-- ===== src/Gate/Writes/Permits.antt =====
-- What a permit that is recorded, and one that is forgotten, changes: `acquire` and `release` of
-- services/connection_gate.py.
use terraformer.Base.{
  ℕ, ◌+◌, ◌≤◌, ◌≡◌, ◌≢◌, refl, sym, ◌∙◌, ap, true, false, Option, none, some, List, [], ◌∷◌, arith,
  ltb, ◌==◌, ==_iff, if◌then◌else◌, any, All, subst, Bool-cases, inl, inr,
}
use terraformer.Gate.Leases.Keys.{same_key→eq, same_key-ne, outside}
use terraformer.Gate.{
  ConnectionOperation, connection_test, structured_read, structured_write, terminal,
  ConnectionTarget, ConnectionPermit, Settings, Spelling, ActiveKey, Key, active, permit,
  rate_limit, active_keys, permit_fingerprint,
}
use terraformer.Gate.Redis.{Redis, RedisLaws, SameAt, Cutoff, at, above, one_if}
use terraformer.Gate.Admit.{permit_ttl, note_attempt, record_permit, leave_sets, forget_permit}
use terraformer.Gate.Leases.{same_key, is_in}
use terraformer.Gate.Writes.{
  SameAt-refl, SameAt-trans, Entered, Entered-same, IsFresh, IsDistinct, enter_sets-other,
  enter_sets-outside, enter_sets-Entered, rate_limit-elsewhere,
}

module _ (redis : Redis) (laws : RedisLaws redis) (settings : Settings) where
  open redis use {Db, get, zcount, zscore, zrem, set, delete}

  active_keys-IsDistinct :
      (operation : ConnectionOperation) (target : ConnectionTarget)
      → IsDistinct redis laws settings (active_keys operation target)
  unfolding active_keys IsDistinct
  active_keys-IsDistinct operation target = go operation target.device_id
    where
      go :
          (o : ConnectionOperation) (device : Option ℕ)
          → IsDistinct redis laws settings (active_keys o (record target { device_id = device }))
      go connection_test none = (refl, tt)
      go connection_test (some device) = (refl, (refl, tt))
      go structured_read none = (refl, tt)
      go structured_read (some device) = (refl, (refl, tt))
      go structured_write none = (refl, tt)
      go structured_write (some device) = (refl, (refl, tt))
      go terminal none = (refl, tt)
      go terminal (some device) = (refl, (refl, (refl, (refl, tt))))

  apart : (m : ℕ) (ks : List ActiveKey) → All (λ k. active k ≢ permit m) ks
  apart m [] = tt
  apart m (k ∷ ks) = ((λ e. cc e), apart m ks)

  module _ (spelling : Spelling) (now : ℕ) (p : ConnectionPermit) (d : Db) where
    attempted : Db
    attempted =
        note_attempt redis settings now p.identifier (rate_limit settings p.operation p.target) d

    permitted : Db
    permitted =
        set now (permit p.identifier) (permit_fingerprint spelling p) (permit_ttl settings)
          attempted

    permitted-SameAt : (k : ActiveKey) → SameAt redis (active k) permitted d
    unfolding permitted attempted
    permitted-SameAt k =
        SameAt-trans redis (active k) _ _ d
          (laws.set_elsewhere now (permit p.identifier) (active k) _ _ _ (λ e. cc e))
          (rate_limit-elsewhere redis laws settings p.operation p.target (active k) now p.identifier
            d tt)

    pub record_permit-Entered :
        (k : ActiveKey)
        → is_in p k ≡ true
        → IsFresh redis laws settings now p.identifier k d
        → Entered redis laws settings now p.identifier k
            (record_permit redis settings spelling now p d)
            d
    unfolding record_permit is_in permitted attempted
    record_permit-Entered k h f =
        let s = permitted-SameAt k in
        Entered-same redis laws settings now p.identifier k _ _ _ d (SameAt-refl redis (active k) _)
          s
          (enter_sets-Entered redis laws settings now p.identifier k
            (active_keys p.operation p.target) permitted
            (active_keys-IsDistinct p.operation p.target) h
            (λ t q. ap (above (at t)) (s.same_score now p.identifier) ∙ f t q))

    pub record_permit-SameAt :
        (k : ActiveKey)
        → is_in p k ≡ false
        → SameAt redis (active k) (record_permit redis settings spelling now p d) d
    unfolding record_permit is_in permitted attempted
    record_permit-SameAt k h =
        SameAt-trans redis (active k) _ _ d
          (enter_sets-outside redis laws settings now p.identifier k _ permitted h)
          (permitted-SameAt k)

    pub record_permit-get :
        (t m : ℕ)
        → now ≤ t
        → get t (permit m) (record_permit redis settings spelling now p d) ≡ (
            if p.identifier == m
            then if ltb t (now + permit_ttl settings)
              then some (permit_fingerprint spelling p)
              else none
            else get t (permit m) d)
    unfolding record_permit permitted attempted
    record_permit-get t m h =
        (enter_sets-other redis laws settings now p.identifier (permit m)
            (active_keys p.operation p.target) permitted
            (apart m (active_keys p.operation p.target))).same_get
          t
        ∙ elim (Bool-cases (p.identifier == m)) [
          | inl e ↦ rw (e, (==_iff p.identifier m).0 e) (laws.get-set now t (permit m) _ _ _ h)
          | inr e ↦ rw e (
              (laws.set_elsewhere now (permit p.identifier) (permit m) _ _ _
                  (λ q. ground (arith, q, e))).same_get
                t
              ∙ (rate_limit-elsewhere redis laws settings p.operation p.target (permit m) now
                    p.identifier d tt).same_get
                  t)
        ]

  leave_sets-other :
      (m : ℕ) (x : Key) (ks : List ActiveKey) (d : Db)
      → All (λ k. active k ≢ x) ks
      → SameAt redis x (leave_sets redis settings m ks d) d
  unfolding leave_sets
  leave_sets-other m x [] d h = SameAt-refl redis x d
  leave_sets-other m x (k ∷ ks) d h =
      SameAt-trans redis x _ _ d (leave_sets-other m x ks _ h.1)
        (laws.zrem_elsewhere (active k) x m d h.0)

  -- A member that left a key: what is read from `e`, when it left `d`.
  pub record Left (m : ℕ) (k : ActiveKey) (e d : Db) : Type 0 where
    pub left_count :
        (t : ℕ) (c : Cutoff)
        → zcount t (active k) c e + one_if (above c (zscore t (active k) m d))
          ≡ zcount t (active k) c d
    pub left_self : (t : ℕ) → zscore t (active k) m e ≡ none
    pub left_other : (t n : ℕ) → m ≢ n → zscore t (active k) n e ≡ zscore t (active k) n d

  Left-same :
      (m : ℕ) (k : ActiveKey) (e' e d d' : Db)
      → SameAt redis (active k) e' e
      → SameAt redis (active k) d d'
      → Left m k e d
      → Left m k e' d'
  Left-same m k e' e d d' p q x = record {
    left_count = λ t c.
        rw (p.same_count t c, sym (q.same_score t m), sym (q.same_count t c)) (x.left_count t c);
    left_self = λ t. p.same_score t m ∙ x.left_self t;
    left_other = λ t n h. p.same_score t n ∙ x.left_other t n h ∙ q.same_score t n;
  }

  leave_sets-Left :
      (m : ℕ) (k : ActiveKey) (ks : List ActiveKey) (d : Db)
      → IsDistinct redis laws settings ks
      → any (same_key k) ks ≡ true
      → Left m k (leave_sets redis settings m ks d) d
  unfolding leave_sets IsDistinct
  leave_sets-Left m k [] d u h = cc h
  leave_sets-Left m k (j ∷ ks) d u h = elim (Bool-cases (same_key k j)) [
    | inl e ↦
        subst (λ i. Left m i (leave_sets redis settings m ks (zrem (active j) m d)) d)
          (sym (same_key→eq k j e))
          (Left-same m j _ _ d d (leave_sets-other m (active j) ks _ (outside j ks u.0))
            (SameAt-refl redis (active j) d)
            (record {
              left_count = λ t c. laws.zcount-zrem t (active j) m c d;
              left_self = λ t. laws.zscore-zrem t (active j) m d;
              left_other = λ t n q. laws.zscore-zrem_other t (active j) m n d q;
            }))
    | inr e ↦
        Left-same m k _ _ _ d (SameAt-refl redis (active k) _)
          (laws.zrem_elsewhere (active j) (active k) m d (same_key-ne k j e))
          (leave_sets-Left m k ks _ u.1 (ground (arith, h, e)))
  ]

  module _ (p : ConnectionPermit) (d : Db) where
    deleted-SameAt : (k : ActiveKey) → SameAt redis (active k) (delete (permit p.identifier) d) d
    deleted-SameAt k = laws.delete_elsewhere (permit p.identifier) (active k) d (λ e. cc e)

    pub forget_permit-Left :
        (k : ActiveKey)
        → is_in p k ≡ true
        → Left p.identifier k (forget_permit redis settings p d) d
    unfolding forget_permit is_in
    forget_permit-Left k h =
        Left-same p.identifier k _ _ _ d (SameAt-refl redis (active k) _) (deleted-SameAt k) (
          leave_sets-Left p.identifier k (active_keys p.operation p.target) _
            (active_keys-IsDistinct p.operation p.target) h)

    pub forget_permit-SameAt :
        (k : ActiveKey)
        → is_in p k ≡ false
        → SameAt redis (active k) (forget_permit redis settings p d) d
    unfolding forget_permit is_in
    forget_permit-SameAt k h =
        SameAt-trans redis (active k) _ _ d
          (leave_sets-other p.identifier (active k) (active_keys p.operation p.target) _
            (outside k _ h))
          (deleted-SameAt k)

    pub forget_permit-get :
        (t m : ℕ)
        → get t (permit m) (forget_permit redis settings p d)
          ≡ (if p.identifier == m then none else get t (permit m) d)
    unfolding forget_permit
    forget_permit-get t m =
        (leave_sets-other p.identifier (permit m) (active_keys p.operation p.target)
            (delete (permit p.identifier) d) (apart m (active_keys p.operation p.target))).same_get
          t
        ∙ elim (Bool-cases (p.identifier == m)) [
          | inl e ↦ rw (e, (==_iff p.identifier m).0 e) (laws.get-delete t (permit m) d)
          | inr e ↦ rw e (
              (laws.delete_elsewhere (permit p.identifier) (permit m) d
                  (λ q. ground (arith, q, e))).same_get
                t)
        ]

**INSTRUCTIONS TO FOLLOW:** Please return every line in the data that includes the string "arith".

**EXERCISE RESULT:**
  ℕ, ◌+◌, ◌≤◌, ◌≡◌, ◌≢◌, refl, sym, ◌∙◌, ap, true, false, Option, none, some, List, [], ◌∷◌, arith,
                  (λ q. ground (arith, q, e))).same_get
          (leave_sets-Left m k ks _ u.1 (ground (arith, h, e)))
                  (λ q. ground (arith, q, e))).same_get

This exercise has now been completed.